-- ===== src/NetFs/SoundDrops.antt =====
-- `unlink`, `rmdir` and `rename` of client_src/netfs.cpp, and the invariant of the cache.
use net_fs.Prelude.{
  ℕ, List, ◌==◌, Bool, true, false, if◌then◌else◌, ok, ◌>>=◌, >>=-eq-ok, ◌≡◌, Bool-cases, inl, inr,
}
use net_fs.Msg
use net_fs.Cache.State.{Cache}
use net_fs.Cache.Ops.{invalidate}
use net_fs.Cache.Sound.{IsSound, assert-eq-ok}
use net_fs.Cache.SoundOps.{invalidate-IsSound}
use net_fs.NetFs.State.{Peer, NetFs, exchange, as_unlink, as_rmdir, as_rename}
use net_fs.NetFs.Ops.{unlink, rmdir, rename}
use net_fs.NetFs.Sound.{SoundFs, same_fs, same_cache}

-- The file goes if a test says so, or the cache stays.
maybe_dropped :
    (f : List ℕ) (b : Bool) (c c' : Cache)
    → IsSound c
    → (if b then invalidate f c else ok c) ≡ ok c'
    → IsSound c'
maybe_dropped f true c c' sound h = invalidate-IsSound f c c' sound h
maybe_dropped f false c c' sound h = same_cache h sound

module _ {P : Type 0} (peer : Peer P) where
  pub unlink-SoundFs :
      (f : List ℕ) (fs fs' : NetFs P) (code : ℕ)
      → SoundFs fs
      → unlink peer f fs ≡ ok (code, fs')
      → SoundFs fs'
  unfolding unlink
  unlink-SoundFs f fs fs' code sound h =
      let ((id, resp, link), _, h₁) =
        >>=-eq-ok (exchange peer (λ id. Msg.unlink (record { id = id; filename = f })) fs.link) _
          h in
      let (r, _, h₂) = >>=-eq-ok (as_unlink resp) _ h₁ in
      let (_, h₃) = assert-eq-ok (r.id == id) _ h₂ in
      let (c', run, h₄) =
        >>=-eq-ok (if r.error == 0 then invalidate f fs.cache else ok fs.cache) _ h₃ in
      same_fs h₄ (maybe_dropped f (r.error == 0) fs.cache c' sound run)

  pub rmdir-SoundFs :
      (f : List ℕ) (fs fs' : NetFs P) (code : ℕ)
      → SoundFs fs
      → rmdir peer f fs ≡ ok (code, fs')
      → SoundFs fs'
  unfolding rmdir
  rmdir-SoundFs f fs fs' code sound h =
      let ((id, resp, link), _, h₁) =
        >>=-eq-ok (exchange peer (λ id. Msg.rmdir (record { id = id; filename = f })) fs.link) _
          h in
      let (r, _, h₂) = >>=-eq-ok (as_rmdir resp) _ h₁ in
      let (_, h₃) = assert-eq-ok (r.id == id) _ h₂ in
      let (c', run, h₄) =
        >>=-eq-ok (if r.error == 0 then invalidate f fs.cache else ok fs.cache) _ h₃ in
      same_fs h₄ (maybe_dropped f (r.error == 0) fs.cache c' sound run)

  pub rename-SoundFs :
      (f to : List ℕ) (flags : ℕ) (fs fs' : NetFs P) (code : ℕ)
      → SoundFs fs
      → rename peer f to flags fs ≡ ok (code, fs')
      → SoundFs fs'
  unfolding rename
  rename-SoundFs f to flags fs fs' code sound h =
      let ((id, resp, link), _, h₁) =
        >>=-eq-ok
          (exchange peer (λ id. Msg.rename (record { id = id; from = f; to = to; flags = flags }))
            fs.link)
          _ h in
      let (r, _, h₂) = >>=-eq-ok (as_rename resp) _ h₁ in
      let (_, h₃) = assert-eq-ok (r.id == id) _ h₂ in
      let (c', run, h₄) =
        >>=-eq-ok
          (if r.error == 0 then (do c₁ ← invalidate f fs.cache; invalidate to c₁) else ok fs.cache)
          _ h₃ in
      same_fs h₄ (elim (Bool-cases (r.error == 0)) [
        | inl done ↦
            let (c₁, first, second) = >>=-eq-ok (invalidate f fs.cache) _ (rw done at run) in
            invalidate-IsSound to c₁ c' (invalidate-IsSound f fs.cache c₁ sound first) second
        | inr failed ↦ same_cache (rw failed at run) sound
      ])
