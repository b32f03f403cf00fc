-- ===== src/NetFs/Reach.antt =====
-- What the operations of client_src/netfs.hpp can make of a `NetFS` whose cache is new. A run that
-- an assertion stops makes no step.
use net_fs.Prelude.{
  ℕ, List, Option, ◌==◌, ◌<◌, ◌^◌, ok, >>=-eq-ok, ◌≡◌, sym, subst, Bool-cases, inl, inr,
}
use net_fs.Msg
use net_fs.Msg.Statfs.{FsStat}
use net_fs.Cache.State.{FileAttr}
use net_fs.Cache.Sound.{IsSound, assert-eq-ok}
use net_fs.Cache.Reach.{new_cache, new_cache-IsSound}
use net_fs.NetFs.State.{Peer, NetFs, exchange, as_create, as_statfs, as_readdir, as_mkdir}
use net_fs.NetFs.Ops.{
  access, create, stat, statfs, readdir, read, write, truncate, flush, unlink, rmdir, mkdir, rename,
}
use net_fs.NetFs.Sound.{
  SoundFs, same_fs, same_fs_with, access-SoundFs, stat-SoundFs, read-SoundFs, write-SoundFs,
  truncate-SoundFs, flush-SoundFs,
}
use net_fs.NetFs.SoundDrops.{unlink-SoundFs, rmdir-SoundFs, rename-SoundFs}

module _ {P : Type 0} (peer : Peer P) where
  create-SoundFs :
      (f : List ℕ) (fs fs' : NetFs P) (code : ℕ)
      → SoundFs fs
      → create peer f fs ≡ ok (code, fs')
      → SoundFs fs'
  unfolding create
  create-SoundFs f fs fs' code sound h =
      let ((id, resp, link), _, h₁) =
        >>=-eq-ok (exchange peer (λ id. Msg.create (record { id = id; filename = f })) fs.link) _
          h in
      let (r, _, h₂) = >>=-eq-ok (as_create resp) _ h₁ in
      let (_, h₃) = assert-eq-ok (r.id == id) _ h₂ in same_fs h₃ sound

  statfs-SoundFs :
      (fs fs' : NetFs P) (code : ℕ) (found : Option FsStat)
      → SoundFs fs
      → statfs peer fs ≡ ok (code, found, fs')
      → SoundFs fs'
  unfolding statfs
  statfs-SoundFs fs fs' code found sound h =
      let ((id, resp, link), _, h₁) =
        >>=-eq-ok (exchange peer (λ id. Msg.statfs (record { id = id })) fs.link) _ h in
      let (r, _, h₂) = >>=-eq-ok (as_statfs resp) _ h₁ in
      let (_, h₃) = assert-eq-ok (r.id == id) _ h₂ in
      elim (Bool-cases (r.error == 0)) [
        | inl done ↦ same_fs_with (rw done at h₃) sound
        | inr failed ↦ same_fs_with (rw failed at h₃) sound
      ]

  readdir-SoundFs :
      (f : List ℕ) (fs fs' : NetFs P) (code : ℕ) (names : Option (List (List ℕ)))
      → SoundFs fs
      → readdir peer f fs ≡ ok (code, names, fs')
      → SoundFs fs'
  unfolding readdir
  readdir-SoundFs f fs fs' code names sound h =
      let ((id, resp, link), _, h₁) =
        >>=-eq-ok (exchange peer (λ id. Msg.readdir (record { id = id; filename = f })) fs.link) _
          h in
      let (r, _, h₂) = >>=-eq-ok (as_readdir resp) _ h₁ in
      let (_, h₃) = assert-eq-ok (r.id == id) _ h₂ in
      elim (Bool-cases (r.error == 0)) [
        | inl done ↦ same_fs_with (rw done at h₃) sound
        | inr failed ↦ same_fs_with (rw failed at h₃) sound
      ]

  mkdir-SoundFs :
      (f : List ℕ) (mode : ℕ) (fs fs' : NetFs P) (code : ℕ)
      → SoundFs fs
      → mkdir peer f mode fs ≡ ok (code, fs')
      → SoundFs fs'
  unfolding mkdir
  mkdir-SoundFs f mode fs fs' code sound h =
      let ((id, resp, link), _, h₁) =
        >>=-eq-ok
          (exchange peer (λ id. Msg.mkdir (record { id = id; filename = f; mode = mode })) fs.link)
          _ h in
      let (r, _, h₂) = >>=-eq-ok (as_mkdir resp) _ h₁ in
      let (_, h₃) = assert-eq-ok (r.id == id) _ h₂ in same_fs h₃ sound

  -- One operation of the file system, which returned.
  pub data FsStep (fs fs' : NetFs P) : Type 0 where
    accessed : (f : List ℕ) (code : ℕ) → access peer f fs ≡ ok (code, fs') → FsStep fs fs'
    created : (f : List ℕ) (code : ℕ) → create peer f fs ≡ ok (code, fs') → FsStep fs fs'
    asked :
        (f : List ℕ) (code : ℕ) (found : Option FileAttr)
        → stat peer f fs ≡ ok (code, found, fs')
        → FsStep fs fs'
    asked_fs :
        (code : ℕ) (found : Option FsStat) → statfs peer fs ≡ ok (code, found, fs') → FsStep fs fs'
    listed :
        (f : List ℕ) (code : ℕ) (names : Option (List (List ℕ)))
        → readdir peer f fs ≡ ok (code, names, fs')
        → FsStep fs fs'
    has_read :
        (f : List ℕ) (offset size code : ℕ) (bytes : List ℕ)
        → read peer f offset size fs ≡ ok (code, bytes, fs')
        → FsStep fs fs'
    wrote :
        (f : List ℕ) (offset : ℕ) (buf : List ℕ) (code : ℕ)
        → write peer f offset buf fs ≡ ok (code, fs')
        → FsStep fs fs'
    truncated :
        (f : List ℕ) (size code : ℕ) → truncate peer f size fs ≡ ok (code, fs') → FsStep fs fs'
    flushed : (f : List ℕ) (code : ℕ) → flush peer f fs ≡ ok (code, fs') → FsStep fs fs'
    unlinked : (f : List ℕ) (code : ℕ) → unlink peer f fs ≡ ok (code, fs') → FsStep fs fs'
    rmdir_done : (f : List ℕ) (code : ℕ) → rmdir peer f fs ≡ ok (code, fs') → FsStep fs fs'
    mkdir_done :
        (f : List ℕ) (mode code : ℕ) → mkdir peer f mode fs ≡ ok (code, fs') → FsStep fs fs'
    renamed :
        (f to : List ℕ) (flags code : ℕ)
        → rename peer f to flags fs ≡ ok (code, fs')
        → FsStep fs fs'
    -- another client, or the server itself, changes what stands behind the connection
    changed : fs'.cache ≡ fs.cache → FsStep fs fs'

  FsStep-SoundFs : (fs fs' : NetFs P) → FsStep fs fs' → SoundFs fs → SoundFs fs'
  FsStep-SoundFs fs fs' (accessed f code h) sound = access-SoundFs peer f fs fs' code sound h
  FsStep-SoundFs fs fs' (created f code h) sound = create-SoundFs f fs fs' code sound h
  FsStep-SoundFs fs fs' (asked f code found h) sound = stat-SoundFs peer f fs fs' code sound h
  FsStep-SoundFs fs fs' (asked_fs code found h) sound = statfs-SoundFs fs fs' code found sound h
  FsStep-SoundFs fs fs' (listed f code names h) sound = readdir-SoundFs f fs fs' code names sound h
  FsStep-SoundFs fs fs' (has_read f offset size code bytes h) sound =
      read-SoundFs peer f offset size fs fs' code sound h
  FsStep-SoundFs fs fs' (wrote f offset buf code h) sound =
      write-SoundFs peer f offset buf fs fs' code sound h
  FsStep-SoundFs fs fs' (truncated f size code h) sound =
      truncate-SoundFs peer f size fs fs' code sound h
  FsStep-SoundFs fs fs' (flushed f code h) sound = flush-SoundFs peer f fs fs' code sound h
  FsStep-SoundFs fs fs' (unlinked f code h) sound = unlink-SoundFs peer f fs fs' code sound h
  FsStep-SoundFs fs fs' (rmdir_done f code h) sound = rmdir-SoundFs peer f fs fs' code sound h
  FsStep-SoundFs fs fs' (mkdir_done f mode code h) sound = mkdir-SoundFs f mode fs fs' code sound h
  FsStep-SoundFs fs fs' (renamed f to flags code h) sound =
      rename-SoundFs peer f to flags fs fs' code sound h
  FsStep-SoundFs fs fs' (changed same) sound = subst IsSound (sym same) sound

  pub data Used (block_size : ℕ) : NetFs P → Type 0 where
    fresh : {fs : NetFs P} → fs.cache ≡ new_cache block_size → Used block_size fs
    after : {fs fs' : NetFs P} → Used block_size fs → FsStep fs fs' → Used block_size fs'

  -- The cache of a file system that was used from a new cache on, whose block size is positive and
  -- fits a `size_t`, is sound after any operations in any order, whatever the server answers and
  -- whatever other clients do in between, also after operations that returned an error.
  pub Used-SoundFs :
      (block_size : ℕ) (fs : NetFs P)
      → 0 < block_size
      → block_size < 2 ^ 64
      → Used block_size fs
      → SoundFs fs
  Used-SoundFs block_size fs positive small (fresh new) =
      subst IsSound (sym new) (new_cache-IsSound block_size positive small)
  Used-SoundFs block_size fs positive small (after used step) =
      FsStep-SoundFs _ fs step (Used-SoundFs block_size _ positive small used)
################
_WHAT IS EXPECTED:_
Lines containing the string "second": report how many there are in the material above, and nothing more.

_RESULT:_
2